When he went into the dining room the men were either still there or back again. A greying dark haired woman dressed in black was also there, speaking furiously in an undertone to his father-in-law. Boscailo spoke over the top of her in a loud, cheerful tone, “Count Terrence, I’m back!”
“The minotaur returns.” The black dressed woman raised her voice to drip dry voiced sarcasm. “We should all rejoice.” She turned her back on him to start talking to Terrence again.
“Aunt Helena.” Boscailo’s voice stayed loud and cheerful as he walked across the room. “I’ve told you before, I’m not a minotaur, I’ve even had the blood tests, so I just look like one.” He put one hand on her shoulder and turned her around so he could hug her. “I know a couple on the Episcopal Guard. Perhaps I should introduce you so you know what they really look like.”
She shrugged out of his embrace. “How dare you touch me! I am the Countess Strefagi! Terrence, why do you allow this...person in your home?”
“He’s my son-in-law and he was invited,” Terrence said mildly, then added calmly, “You are not the Countess Strefagi, my wife is. You are the Dowager Countess. If you’re going to go throwing your title around, then use the correct one.”
“Your sons-in-law are such an interesting collection,” she sounded like she was talking about an undesirable set of museum specimens, “And none of them even a Strefagi.”
“I am fortunate that none of them relies on me for an income – they are all their own men,” Terrence returned calmly. “My daughters have all chosen well.” He gave Boscailo an odd look. “Perhaps better than I had appreciated.”
“That is as may be,” she cut back, “But we still have to decide what the Strefagii are going to do about this ‘offer’ from the Desideri.”

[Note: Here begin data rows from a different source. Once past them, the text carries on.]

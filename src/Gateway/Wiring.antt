-- ===== src/Gateway/Wiring.antt =====
-- The hub keeps its indices in step: the sets by user, by channel and by thread say exactly what the
-- connections say.
use sagiton.Prelude.{
  ℕ, ◌≡◌, ◌≢◌, refl, Bool, false, Option, none, some, [], ◌∷◌, arith, ◌==◌, if◌then◌else◌, inl, inr,
  Option-cases,
}
use sagiton.Collections.{
  HashMap, get, contains, set_insert, set_remove, get-remove, get-insert, contains-set_insert,
  contains-set_remove, UniqueKeys, remove-UniqueKeys, insert-UniqueKeys,
}
use sagiton.Collections.Scope.{
  has_member, IsTidy, has_member-join, has_member-leave, has_member-leave_all, join-IsTidy,
  leave-IsTidy, leave_all-IsTidy,
}
use sagiton.Gateway.{
  ConnectionState, HubState, register, unregister, subscribe_channel, unsubscribe_channel,
  subscribe_thread, unsubscribe_thread, touch_heartbeat, update_connection, new_hub,
  unregister_found,
}

abbrev pub owned_by : ℕ → Option ConnectionState → Bool
owned_by u none = false
owned_by u (some conn) = conn.user_id == u

abbrev pub in_channel : ℕ → Option ConnectionState → Bool
in_channel k none = false
in_channel k (some conn) = contains k conn.subscribed_channels

abbrev pub in_thread : ℕ → Option ConnectionState → Bool
in_thread k none = false
in_thread k (some conn) = contains k conn.subscribed_threads

pub record IsWired (hub : HubState) : Type 0 where
  pub unique : UniqueKeys hub.connections
  pub tidy_users : IsTidy hub.user_connections
  pub tidy_channels : IsTidy hub.channel_subscribers
  pub tidy_threads : IsTidy hub.thread_subscribers
  pub users : (c u : ℕ) → has_member c u hub.user_connections ≡ owned_by u (get c hub.connections)
  pub channels :
      (c k : ℕ) → has_member c k hub.channel_subscribers ≡ in_channel k (get c hub.connections)
  pub threads :
      (c k : ℕ) → has_member c k hub.thread_subscribers ≡ in_thread k (get c hub.connections)

pub get-update_connection :
    (c d : ℕ) (f : ConnectionState → ConnectionState) (m : HashMap ConnectionState)
    → get d (update_connection c f m)
      ≡ (if c == d then elim (get d m) [ none ↦ none | some conn ↦ some (f conn) ] else get d m)
unfolding get update_connection
get-update_connection c d f [] = ground arith
get-update_connection c d f ((e, conn) ∷ m) = ground (arith, get-update_connection c d f m)

update_connection-UniqueKeys :
    (c : ℕ) (f : ConnectionState → ConnectionState) (m : HashMap ConnectionState)
    → UniqueKeys m
    → UniqueKeys (update_connection c f m)
unfolding update_connection
update_connection-UniqueKeys c f [] u = tt
update_connection-UniqueKeys c f ((e, conn) ∷ m) u =
    ground (arith, update_connection-UniqueKeys c f m u.1, get-update_connection c e f m)

pub register-IsWired :
    (c now u : ℕ) (hub : HubState)
    → get c hub.connections ≡ none
    → IsWired hub
    → IsWired (register c now u hub).0
unfolding register contains
register-IsWired c now u hub fresh w =
    let conn : ConnectionState = record {
      user_id = u;
      subscribed_channels = [];
      subscribed_threads = [];
      last_heartbeat = now;
    } in
    record {
      unique = insert-UniqueKeys c conn hub.connections w.unique;
      tidy_users = join-IsTidy c u hub.user_connections w.tidy_users;
      tidy_channels = w.tidy_channels;
      tidy_threads = w.tidy_threads;
      users = λ d v. ground (
        arith,
        get-insert c d conn hub.connections,
        has_member-join c u d v hub.user_connections,
        w.users d v,
      );
      channels = λ d k. ground (arith, get-insert c d conn hub.connections, w.channels d k);
      threads = λ d k. ground (arith, get-insert c d conn hub.connections, w.threads d k);
    }

unregister_found-IsWired :
    (c : ℕ) (conn : ConnectionState) (hub : HubState)
    → get c hub.connections ≡ some conn
    → IsWired hub
    → IsWired (unregister_found c conn hub).0
unfolding unregister_found
unregister_found-IsWired c conn hub found w = record {
  unique = remove-UniqueKeys c hub.connections w.unique;
  tidy_users = leave-IsTidy c conn.user_id hub.user_connections w.tidy_users;
  tidy_channels =
      leave_all-IsTidy c conn.subscribed_channels hub.channel_subscribers w.tidy_channels;
  tidy_threads = leave_all-IsTidy c conn.subscribed_threads hub.thread_subscribers w.tidy_threads;
  users = λ d v. ground (
    arith,
    get-remove c d hub.connections,
    has_member-leave c conn.user_id d v hub.user_connections,
    w.users d v,
  );
  channels = λ d k. ground (
    arith,
    get-remove c d hub.connections,
    has_member-leave_all c d k conn.subscribed_channels hub.channel_subscribers,
    w.channels d k,
  );
  threads = λ d k. ground (
    arith,
    get-remove c d hub.connections,
    has_member-leave_all c d k conn.subscribed_threads hub.thread_subscribers,
    w.threads d k,
  );
}

pub unregister-IsWired : (c : ℕ) (hub : HubState) → IsWired hub → IsWired (unregister c hub).0
unfolding unregister
unregister-IsWired c hub w = elim (Option-cases (get c hub.connections)) [
  | inl absent ↦ rw (absent, unregister) w
  | inr (conn, found) ↦ rw (found, unregister) (unregister_found-IsWired c conn hub found w)
]

-- A write to one connection that keeps its owner and its threads.
module _ (c k : ℕ) (hub : HubState) (w : IsWired hub) where
  pub subscribe_channel-IsWired : get c hub.connections ≢ none → IsWired (subscribe_channel c k hub)
  unfolding subscribe_channel
  subscribe_channel-IsWired known =
      let f = λ (conn : ConnectionState). record conn {
        subscribed_channels = set_insert k conn.subscribed_channels;
      } in
      record {
        unique = update_connection-UniqueKeys c f hub.connections w.unique;
        tidy_users = w.tidy_users;
        tidy_channels = join-IsTidy c k hub.channel_subscribers w.tidy_channels;
        tidy_threads = w.tidy_threads;
        users = λ d v. ground (arith, get-update_connection c d f hub.connections, w.users d v);
        channels = λ d j. grind (
          arith,
          get-update_connection c d f hub.connections,
          has_member-join c k d j hub.channel_subscribers,
          contains-set_insert,
          w.channels d j,
        );
        threads = λ d v. ground (arith, get-update_connection c d f hub.connections, w.threads d v);
      }

  pub unsubscribe_channel-IsWired : IsWired (unsubscribe_channel c k hub)
  unfolding unsubscribe_channel
  unsubscribe_channel-IsWired =
      let f = λ (conn : ConnectionState). record conn {
        subscribed_channels = set_remove k conn.subscribed_channels;
      } in
      record {
        unique = update_connection-UniqueKeys c f hub.connections w.unique;
        tidy_users = w.tidy_users;
        tidy_channels = leave-IsTidy c k hub.channel_subscribers w.tidy_channels;
        tidy_threads = w.tidy_threads;
        users = λ d v. ground (arith, get-update_connection c d f hub.connections, w.users d v);
        channels = λ d j. grind (
          arith,
          get-update_connection c d f hub.connections,
          has_member-leave c k d j hub.channel_subscribers,
          contains-set_remove,
          w.channels d j,
        );
        threads = λ d v. ground (arith, get-update_connection c d f hub.connections, w.threads d v);
      }

  pub subscribe_thread-IsWired : get c hub.connections ≢ none → IsWired (subscribe_thread c k hub)
  unfolding subscribe_thread
  subscribe_thread-IsWired known =
      let f = λ (conn : ConnectionState). record conn {
        subscribed_threads = set_insert k conn.subscribed_threads;
      } in
      record {
        unique = update_connection-UniqueKeys c f hub.connections w.unique;
        tidy_users = w.tidy_users;
        tidy_channels = w.tidy_channels;
        tidy_threads = join-IsTidy c k hub.thread_subscribers w.tidy_threads;
        users = λ d v. ground (arith, get-update_connection c d f hub.connections, w.users d v);
        channels =
            λ d v. ground (arith, get-update_connection c d f hub.connections, w.channels d v);
        threads = λ d j. grind (
          arith,
          get-update_connection c d f hub.connections,
          has_member-join c k d j hub.thread_subscribers,
          contains-set_insert,
          w.threads d j,
        );
      }

  pub unsubscribe_thread-IsWired : IsWired (unsubscribe_thread c k hub)
  unfolding unsubscribe_thread
  unsubscribe_thread-IsWired =
      let f = λ (conn : ConnectionState). record conn {
        subscribed_threads = set_remove k conn.subscribed_threads;
      } in
      record {
        unique = update_connection-UniqueKeys c f hub.connections w.unique;
        tidy_users = w.tidy_users;
        tidy_channels = w.tidy_channels;
        tidy_threads = leave-IsTidy c k hub.thread_subscribers w.tidy_threads;
        users = λ d v. ground (arith, get-update_connection c d f hub.connections, w.users d v);
        channels =
            λ d v. ground (arith, get-update_connection c d f hub.connections, w.channels d v);
        threads = λ d j. grind (
          arith,
          get-update_connection c d f hub.connections,
          has_member-leave c k d j hub.thread_subscribers,
          contains-set_remove,
          w.threads d j,
        );
      }

  pub touch_heartbeat-IsWired : IsWired (touch_heartbeat c k hub)
  unfolding touch_heartbeat
  touch_heartbeat-IsWired =
      let f = λ (conn : ConnectionState). record conn { last_heartbeat = k } in
      record {
        unique = update_connection-UniqueKeys c f hub.connections w.unique;
        tidy_users = w.tidy_users;
        tidy_channels = w.tidy_channels;
        tidy_threads = w.tidy_threads;
        users = λ d v. ground (arith, get-update_connection c d f hub.connections, w.users d v);
        channels =
            λ d v. ground (arith, get-update_connection c d f hub.connections, w.channels d v);
        threads = λ d v. ground (arith, get-update_connection c d f hub.connections, w.threads d v);
      }

pub new_hub-IsWired : IsWired new_hub
unfolding get has_member contains
new_hub-IsWired = record {
  unique = tt;
  tidy_users = λ k s e. absurd (cc);
  tidy_channels = λ k s e. absurd (cc);
  tidy_threads = λ k s e. absurd (cc);
  users = λ c u. refl;
  channels = λ c u. refl;
  threads = λ c u. refl;
}
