-- ===== src/Gateway/Delivery.antt =====
-- Whom a broadcast reaches.
use sagiton.Prelude.{
  ℕ, ◌≡◌, refl, Bool, true, false, [], ◌∷◌, arith, if◌then◌else◌, inl, inr, Option-cases, is_some,
}
use sagiton.Collections.{HashMap, HashSet, get, contains, UniqueKeys}
use sagiton.Collections.Scope.{has_member, or_default, IsTidy, count, count-contains}
use sagiton.Gateway.{
  ConnectionState, HubState, receivers, keys, broadcast_to_channel, broadcast_to_thread,
  broadcast_to_user, broadcast_global,
}
use sagiton.Gateway.Wiring.{IsWired, owned_by, in_channel, in_thread}

abbrev pub once : Bool → ℕ
once true = 1
once false = 0

count-receivers :
    (c : ℕ) (m : HashMap ConnectionState) (s : HashSet)
    → count c (receivers m s) ≡ (if is_some (get c m) then count c s else 0)
unfolding receivers
count-receivers c m [] = ground arith
count-receivers c m (d ∷ s) = ground (arith, count-receivers c m s)

count-receivers_member :
    (c k : ℕ) (m : HashMap ConnectionState) (index : HashMap HashSet)
    → IsTidy index
    → count c (receivers m (or_default (get k index)))
      ≡ once (if is_some (get c m) then has_member c k index else false)
unfolding has_member contains
count-receivers_member c k m index t = elim (Option-cases (get k index)) [
  | inl e ↦ rw e (ground (arith, count-receivers c m []))
  | inr (s, e) ↦ rw e (ground (arith, count-receivers c m s, count-contains c s (t k s e).0))
]

count-keys :
    (c : ℕ) (m : HashMap ConnectionState)
    → UniqueKeys m
    → count c (keys m) ≡ once (is_some (get c m))
unfolding get
count-keys c [] u = refl
count-keys c ((d, conn) ∷ m) u = ground (arith, count-keys c m u.1)

-- In a hub whose indices are in step, a broadcast to a channel, a thread or a user hands the event
-- once to each registered connection that subscribed the channel, subscribed the thread, or belongs
-- to the user, and to no other; a global one hands it once to each registered connection.
pub broadcast_exactly_once :
    (hub : HubState) (c k : ℕ)
    → IsWired hub
    → (count c (broadcast_to_channel k hub) ≡ once (in_channel k (get c hub.connections)))
      × (count c (broadcast_to_thread k hub) ≡ once (in_thread k (get c hub.connections)))
      × (count c (broadcast_to_user k hub) ≡ once (owned_by k (get c hub.connections)))
      × (count c (broadcast_global hub) ≡ once (is_some (get c hub.connections)))
unfolding broadcast_to_channel broadcast_to_thread broadcast_to_user broadcast_global
broadcast_exactly_once hub c k w = (
  ground (
    arith,
    count-receivers_member c k hub.connections hub.channel_subscribers w.tidy_channels,
    w.channels c k,
  ),
  ground (
    arith,
    count-receivers_member c k hub.connections hub.thread_subscribers w.tidy_threads,
    w.threads c k,
  ),
  ground (
    arith,
    count-receivers_member c k hub.connections hub.user_connections w.tidy_users,
    w.users c k,
  ),
  count-keys c hub.connections w.unique,
)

“I have already made my decision and sent out my orders, Helena,” Terrence said firmly, “There is nothing left to decide.”
“Nonsense,” Helena spoke as if she were correcting a child, “You haven’t consulted with your councillors – we’ve all more experience than you. When you’ve done that, you can replace those interesting,” she winced slightly, “Interim instructions you issued with something more informed and permanent.”
Terrence’s face turned to stone. “You seem to be under the impression that the Strefagii are a democracy in which you have a vote or that you have a voice in my councils.” In a crushing, almost dismissive, tone he finished, “You have neither.”
“I have been a member of the advisory council since your father’s death,” she hit back, furious, “I have advised every Count since then. Your need me.”
“Given our fortunes since my father’s death, that is hardly a recommendation, Helena.” Terrence was furiously angry and it seemed that Helena was the only person in the room who couldn’t see it.
As she was opening her mouth again, Boscailo cut in with, “If this is becoming a discussion of Strefagii business, I have to leave. May I discuss the matter of my sister-in-law before I go?”
“Please do,” Terrance said gratefully. “I would be glad to return to this meeting's original purpose.”
“Very well,” Boscailo took a deep breath.
“We need to settle this now,” Helena interrupted. “The girl is unimportant in the bigger scheme of things.” She gave a dismissive wave. “Write her off, flog the boy. Have done with it. Move on with our business.”